There may be a causal relationship here as the low return yen for decades supported global asset prices. The ongoing increase in the Japanese yen may have had a hand in the recent risk aversion on Wall Street and in the crypto market.

That said, the bullish looks positioning in the Japanese yen over the stretch, with speculators that have record lengths last week, according to CFTC data traced by macromicro. Such an extreme bullish positioning, which represents a collective belief in a continued feature higher in the asset, sets the stage for disappointment, as a lot of settlement of alongside down, leading to a quick bearish turn.

In other words, Yen’s increase could be stalled at the moment, offering exemption from risk assets, including Nasdaq and Bitcoin.

“We are now careful about chasing additional JPY strength, given stretched speculative positioning as well as strong dip-purchased appetite from domestic society,” Morgan Stanley’s G10 FX strategy team said in a note to clients late Friday.

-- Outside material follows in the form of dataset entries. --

-- ===== src/Peer/Arrivals/Messages.antt =====
-- The tasks of the storage while one peer of benliud_bt/src/BTPeer.cpp handles the messages of the other
-- one.
use benliud.Common.{
  ℕ, ◌≡◌, refl, Bool, true, false, not, ◌||◌, List, length, drop, leb, ltb, ◌==◌, if◌then◌else◌,
  if_cases,
}
use benliud.Piece.{is_set}
use benliud.SingleRequest.{
  SingleRequest, set_data, is_finish, get_piece_data, reset_pending_request,
  reset_pending_request_at,
}
use benliud.SingleRequest.Alien.{have_alien, clear_alien}
use benliud.SingleRequest.Requests.{index-set_data, index-reset_pending_request_at}
use benliud.SingleRequest.Clock.{choke_notice}
use benliud.Storage.Depot.{Torrent, check_in_orphan, write_piece, hash_ok, submit_share_data}
use benliud.Storage.Depot.Downloading.{write_piece_tasks, check_in_tasks, submit_share_data_tasks}
use benliud.Peer.{word_at}
use benliud.Peer.Downloads.{Link, index_of, with_request, give_back}
use benliud.Peer.Arrivals.{
  finish_piece, got_block, piece_arrived, do_cmd_piece, do_cmd_choke, do_cmd_unchoke,
  do_cmd_reject_request, do_cmd_suggest_piece, do_cmd_allow_fast,
}
use benliud.Peer.Arrivals.Held.{
  IsOwed, same-IsOwed, give_back-IsOwed, close_link-IsOwed, cancel_my_request-IsOwed,
}

module _ (t : Torrent) (others : ℕ → ℕ) where
  finish_piece-IsOwed :
      (x : Link) (index : ℕ) → IsOwed t others x → IsOwed t others (finish_piece t x index)
  unfolding finish_piece with_request clear_alien
  finish_piece-IsOwed x index o =
      let P = IsOwed t others in
      let r = x.peer.my_request in
      let y = record x { depot = write_piece x.depot index (get_piece_data r) } in
      if_cases P (not (is_finish r)) _ _ (λ _. o)
        (λ _.
          if_cases P (hash_ok t index (get_piece_data r)) _ _
            (λ _. cancel_my_request-IsOwed t others y (
              same-IsOwed t others x y refl (write_piece_tasks x.depot index (get_piece_data r)) o))
            (λ _.
              if_cases P (have_alien r x.peer.peer_iip) _ _ (λ _. o)
                (λ _. close_link-IsOwed t others (give_back t x) (give_back-IsOwed t others x o))))

  got_block-IsOwed :
      (x : Link) (index offset : ℕ) (block : List ℕ) (now : ℕ)
      → IsOwed t others x
      → IsOwed t others (got_block t x index offset block now)
  unfolding got_block with_request
  got_block-IsOwed x index offset block now o =
      let P = IsOwed t others in
      let stored = set_data x.peer.my_request offset block now in
      let y = with_request x stored.0 in
      let more = submit_share_data t x.depot x.peer.peer_iip index offset block in
      let z = record y { depot = more.0 } in
      let w : P y =
        same-IsOwed t others x y (index-set_data x.peer.my_request offset block now) refl o in
      let u : P z =
        same-IsOwed t others y z refl
          (submit_share_data_tasks t x.depot x.peer.peer_iip index offset block) w in
      if_cases P (not stored.1) _ _ (λ _. close_link-IsOwed t others x o)
        (λ _.
          if_cases P x.peer.coorperate _ _
            (λ _.
              if_cases P more.1 _ _ (λ _. finish_piece-IsOwed z index u)
                (λ _. cancel_my_request-IsOwed t others z u))
            (λ _. finish_piece-IsOwed y index w))

  pub do_cmd_piece-IsOwed :
      (x : Link) (body : List ℕ) (now : ℕ)
      → IsOwed t others x
      → IsOwed t others (do_cmd_piece t x body now)
  unfolding do_cmd_piece piece_arrived check_in_orphan
  do_cmd_piece-IsOwed x body now o =
      let P = IsOwed t others in
      let index = word_at 0 body in
      if_cases P (not x.peer.shaked) _ _ (λ _. o)
        (λ _.
          if_cases P (leb (length body) 8) _ _ (λ _. close_link-IsOwed t others x o)
            (λ _.
              if_cases P (leb 2147483648 index || leb t.piece_count index) _ _
                (λ _. close_link-IsOwed t others x o)
                (λ _.
                  if_cases P (is_set x.depot.storage.finished index) _ _ (λ _. o)
                    (λ _.
                      if_cases P (not (index == index_of x.peer.my_request)) _ _
                        (λ _.
                          same-IsOwed t others x
                            (record x {
                              depot =
                                  check_in_orphan x.depot index x.peer.peer_iip (word_at 4 body)
                                    (drop 8 body);
                            })
                            refl (check_in_tasks x.depot index _) o)
                        (λ _. got_block-IsOwed x index (word_at 4 body) (drop 8 body) now o)))))

  pub do_cmd_reject_request-IsOwed :
      (x : Link) (body : List ℕ)
      → IsOwed t others x
      → IsOwed t others (do_cmd_reject_request t x body)
  unfolding do_cmd_reject_request with_request
  do_cmd_reject_request-IsOwed x body o =
      let P = IsOwed t others in
      if_cases P (not x.peer.shaked) _ _ (λ _. o)
        (λ _.
          if_cases P (not x.peer.fast_extension) _ _ (λ _. close_link-IsOwed t others x o)
            (λ _.
              if_cases P (not (length body == 12)) _ _ (λ _. o)
                (λ _.
                  if_cases P (not (index_of x.peer.my_request == word_at 0 body)) _ _ (λ _. o)
                    (λ _.
                      if_cases P x.peer.peer_choke_me _ _
                        (λ _.
                          same-IsOwed t others x
                            (with_request x
                              (reset_pending_request_at x.peer.my_request (word_at 4 body)))
                            (index-reset_pending_request_at x.peer.my_request (word_at 4 body)) refl
                            o)
                        (λ _. close_link-IsOwed t others x o)))))

  index-choke_notice :
      (r : SingleRequest) (b : Bool) (now : ℕ) → (choke_notice r b now).index ≡ r.index
  unfolding choke_notice
  index-choke_notice r true now = refl
  index-choke_notice r false now = refl

  pub do_cmd_choke-IsOwed :
      (x : Link) (body : List ℕ) (now : ℕ)
      → IsOwed t others x
      → IsOwed t others (do_cmd_choke x body now)
  unfolding do_cmd_choke reset_pending_request
  do_cmd_choke-IsOwed x body now o =
      let r = choke_notice x.peer.my_request true now in
      let told = if x.peer.fast_extension then r else reset_pending_request r in
      let same : told.index ≡ x.peer.my_request.index =
        if_cases (λ (q : SingleRequest). q.index ≡ x.peer.my_request.index) x.peer.fast_extension r
          (reset_pending_request r) (λ _. index-choke_notice x.peer.my_request true now)
          (λ _. index-choke_notice x.peer.my_request true now) in
      if_cases (IsOwed t others) (not x.peer.shaked || not (length body == 0)) _ _ (λ _. o)
        (λ _.
          same-IsOwed t others x
            (record x { peer = record x.peer { peer_choke_me = true; my_request = told } }) same
            refl o)

  pub do_cmd_unchoke-IsOwed :
      (x : Link) (body : List ℕ) (now : ℕ)
      → IsOwed t others x
      → IsOwed t others (do_cmd_unchoke x body now)
  unfolding do_cmd_unchoke
  do_cmd_unchoke-IsOwed x body now o =
      let r = choke_notice x.peer.my_request false now in
      if_cases (IsOwed t others) (not x.peer.shaked || not (length body == 0)) _ _ (λ _. o)
        (λ _.
          same-IsOwed t others x
            (record x { peer = record x.peer { peer_choke_me = false; my_request = r } })
            (index-choke_notice x.peer.my_request false now) refl o)

  pub do_cmd_suggest_piece-IsOwed :
      (x : Link) (body : List ℕ)
      → IsOwed t others x
      → IsOwed t others (do_cmd_suggest_piece t x body)
  unfolding do_cmd_suggest_piece
  do_cmd_suggest_piece-IsOwed x body o =
      let P = IsOwed t others in
      let index = word_at 0 body in
      if_cases P (not x.peer.shaked) _ _ (λ _. o)
        (λ _.
          if_cases P (not x.peer.fast_extension) _ _ (λ _. close_link-IsOwed t others x o)
            (λ _.
              if_cases P (not (length body == 4)) _ _ (λ _. o)
                (λ _.
                  if_cases P (leb 2147483648 index || leb t.piece_count index) _ _
                    (λ _. close_link-IsOwed t others x o)
                    (λ _. if_cases P (ltb (length x.peer.suggest_list) 20) _ _ (λ _. o) (λ _. o)))))

  pub do_cmd_allow_fast-IsOwed :
      (x : Link) (body : List ℕ) → IsOwed t others x → IsOwed t others (do_cmd_allow_fast t x body)
  unfolding do_cmd_allow_fast
  do_cmd_allow_fast-IsOwed x body o =
      let P = IsOwed t others in
      let index = word_at 0 body in
      if_cases P (not x.peer.fast_extension) _ _ (λ _. close_link-IsOwed t others x o)
        (λ _.
          if_cases P (not (length body == 4)) _ _ (λ _. o)
            (λ _.
              if_cases P (leb 2147483648 index || leb t.piece_count index) _ _
                (λ _. close_link-IsOwed t others x o) (λ _. o)))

USD/JPY and JPY COT index. Positive cot values ​​indicate bullish positioning. (Macromicro)

Strategists explained that many Japanese investors use Nippon Individual Savings Account (NISA) scheme to appear foreign assets under risk-off, which inadvertently slows down the pace of JPY value. In addition, the public pension system tends to go against the trend and rebalans out of JPY assets.

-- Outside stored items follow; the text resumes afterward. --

-- ===== src/Repository/Naming.antt =====
-- Keys that the list has already, and the names that keys give:
-- src/www/app/outline_server_repository/index.ts.
use pepper_vpn_client.Common.{
  String, true, false, none, some, List, [], ◌∷◌, ◌++◌, ◌≡◌, ◌≢◌, refl, ap, ◌∙◌, inl, inr, arith,
  eq_iff, All,
}
use pepper_vpn_client.Common.Map
use pepper_vpn_client.Common.Map.{Entries, set_new, get-remove, get-set, get_append_new}
use pepper_vpn_client.Common.Exec.{ok, err, Result-cases}
use pepper_vpn_client.Common.Text.{includes, split}
use pepper_vpn_client.Errors.{server_already_added}
use pepper_vpn_client.AccessKey.{
  Url, ParsedConfig, is_dynamic_access_key, static_key_to_session_config,
}
use pepper_vpn_client.Server.{OutlineServer}
use pepper_vpn_client.Repository.{
  Repository, new_server, name_of_new, store_servers, add, server_added,
}
use pepper_vpn_client.Repository.Keys.{
  Environment, has_access_key, server_from_access_key, validate_access_key, validate_static_key,
  server_name_from_access_key, as_https, after_first, find_name,
}
use pepper_vpn_client.Repository.Rebuild.{create_server-fields}
use pepper_vpn_client.Repository.Invariant.{new_server-created}
use pepper_vpn_client.Repository.Adding.{
  validate_static-eq-ok_iff, static_keys_match_refl, add_state, created-key,
}

module _ (env : Environment) where
  -- a list without the key, and then a server that has it
  found_at_end :
      (m : Entries OutlineServer) (k key : String) (server : OutlineServer)
      → server_from_access_key env (Map.values m) key ≡ none
      → has_access_key env key server ≡ true
      → server_from_access_key env (Map.values (m ++ (k, server) ∷ [])) key ≡ some server
  unfolding Map.values server_from_access_key
  found_at_end [] k key server free has = ground arith
  found_at_end ((j, s) ∷ m) k key server free has = ground (arith, found_at_end m k key server)

  found_rejected :
      (repo : Repository) (id key : String) (server : OutlineServer)
      → is_dynamic_access_key key ≡ false
      → server_from_access_key env (Map.values repo.server_by_id) key ≡ some server
      → (add env id key repo).1 ≡ err (server_already_added server.id)
  unfolding add new_server validate_access_key validate_static_key
  found_rejected repo id key server static found = ground arith

  has_own_key :
      (key : String) (server : OutlineServer) (config : ParsedConfig)
      → server.access_key ≡ key
      → env.parsers.parse_shadowsocks key ≡ ok config
      → has_access_key env key server ≡ true
  unfolding has_access_key static_key_to_session_config
  has_own_key key server config kept parsed = ground (
    arith,
    static_keys_match_refl env key (record {
      host = some config.host;
      port = some config.port;
      password = some config.password;
      method = some config.method;
      prefix = config.prefix;
    }),
  )

  -- A static key that was added under a new id is refused the next time, with the server that has
  -- it.
  pub add_twice :
      (id id' key : String) (repo : Repository)
      → is_dynamic_access_key key ≡ false
      → Map.get repo.server_by_id id ≡ none
      → (add env id key repo).1 ≡ ok tt
      → (add env id' key (add env id key repo).0).1 ≡ err (server_already_added id)
  add_twice id id' key repo static new h = elim (Result-cases (new_server env repo id key)) [
    | inr (e, threw) ↦ absurd (unfold add in ground arith)
    | inl (server, made) ↦
        let servers = Map.values repo.server_by_id in
        let (name, named, created, valid) = new_server-created env repo id key server made in
        let (same_id, _, _) = create_server-fields env servers id key name server created in
        let (config, free, parsed, _, _) =
          (validate_static-eq-ok_iff env servers key static).0 valid in
        let kept : server.access_key ≡ key =
          created-key env servers id key name server created ∙ (simp static) in
        let has = has_own_key key server config kept parsed in
        let appended = set_new repo.server_by_id server.id server (rw same_id new) in
        let found = found_at_end repo.server_by_id server.id key server free has in
        rw (add_state env id key repo server made) (
          found_rejected
            (record (store_servers env
              (record repo { server_by_id = Map.set repo.server_by_id server.id server })) {
                events = repo.events ++ server_added server ∷ [];
              })
            id' key server static (unfold store_servers in rw appended found)
          ∙ ap (λ n. err (server_already_added n)) same_id)
  ]

  find_name-none :
      (parts : List String) → All (λ pair. includes b'=' pair ≡ true) parts → find_name parts ≡ none
  find_name-none [] h = refl
  find_name-none (part ∷ parts) (p, h) = rw p (find_name-none parts h)

  -- The name of a key whose fragment has no part without "=" is the word that stands for an absent
  -- value, for a static and a dynamic key alike.
  pub name_of_new_unnamed :
      (key : String) (url : Url)
      → env.parsers.parse_url (as_https key) ≡ ok url
      → url.hash ≢ ""
      → All (λ pair. includes b'=' pair ≡ true) (split b'&' (after_first url.hash))
      → env.parsers.decode_uri_component "undefined" ≡ ok "undefined"
      → name_of_new env key ≡ ok (some "undefined")
  name_of_new_unnamed key url parsed nonempty pairs decoded =
      let unnamed = find_name-none (split b'&' (after_first url.hash)) pairs in
      unfold name_of_new server_name_from_access_key in ground (arith, unnamed, eq_iff url.hash "")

“In fact, such a scenario happened in August last year after a sharp appreciation of JPY and the pronounced sale in shares,” the strategists remarked.

Let’s see if the story repeats itself and triggers a renewed risk-in mood for Nasdaq and Bitcoin. The USD/JPY pair appeared after slip in July and early August to 140 and eventually rose to 158.50 in January. BTC also emerged from early August down to $ 50,000 and rose to new record highs over $ 108,000 in January.

At press time, Bitcoin traded near $ 80,300, representing a decrease of month to date of almost 5%, extending February’s 17.6% slide. At one point early Tuesday, prices dipped at $ 76,800 according to Coindesk data.

Meanwhile, USD/JPY traded at 147.23, after setting a five -month low on 145.53 early Tuesday, TradingViewing data shows.

Temporary respite?

While the stretched bull positioning and institutional streams suggest relief ahead, these factors may do little to change the wider Bullish view of JPY, which is backed by a narrowing US-Japanese bond that makes a difference.

So the bulls’ bulls must be vigilant for signs of volatility in the yen and the wider financial markets.

US-JAPAN 10-year bond makes a difference. (TradingView/Coindesk)

US-JAPAN 10-year bond makes a difference. (TradingView/Coindesk)

The chart shows the spread between the yields on the 10-year-old American and Japanese government bonds.

The spread is narrowed to 2.68% in a JPY-positive way and reached the lowest since August 2022. Plus, it has dived out of a macro-up trend, suggesting a large bullish shift in the JPY prospects.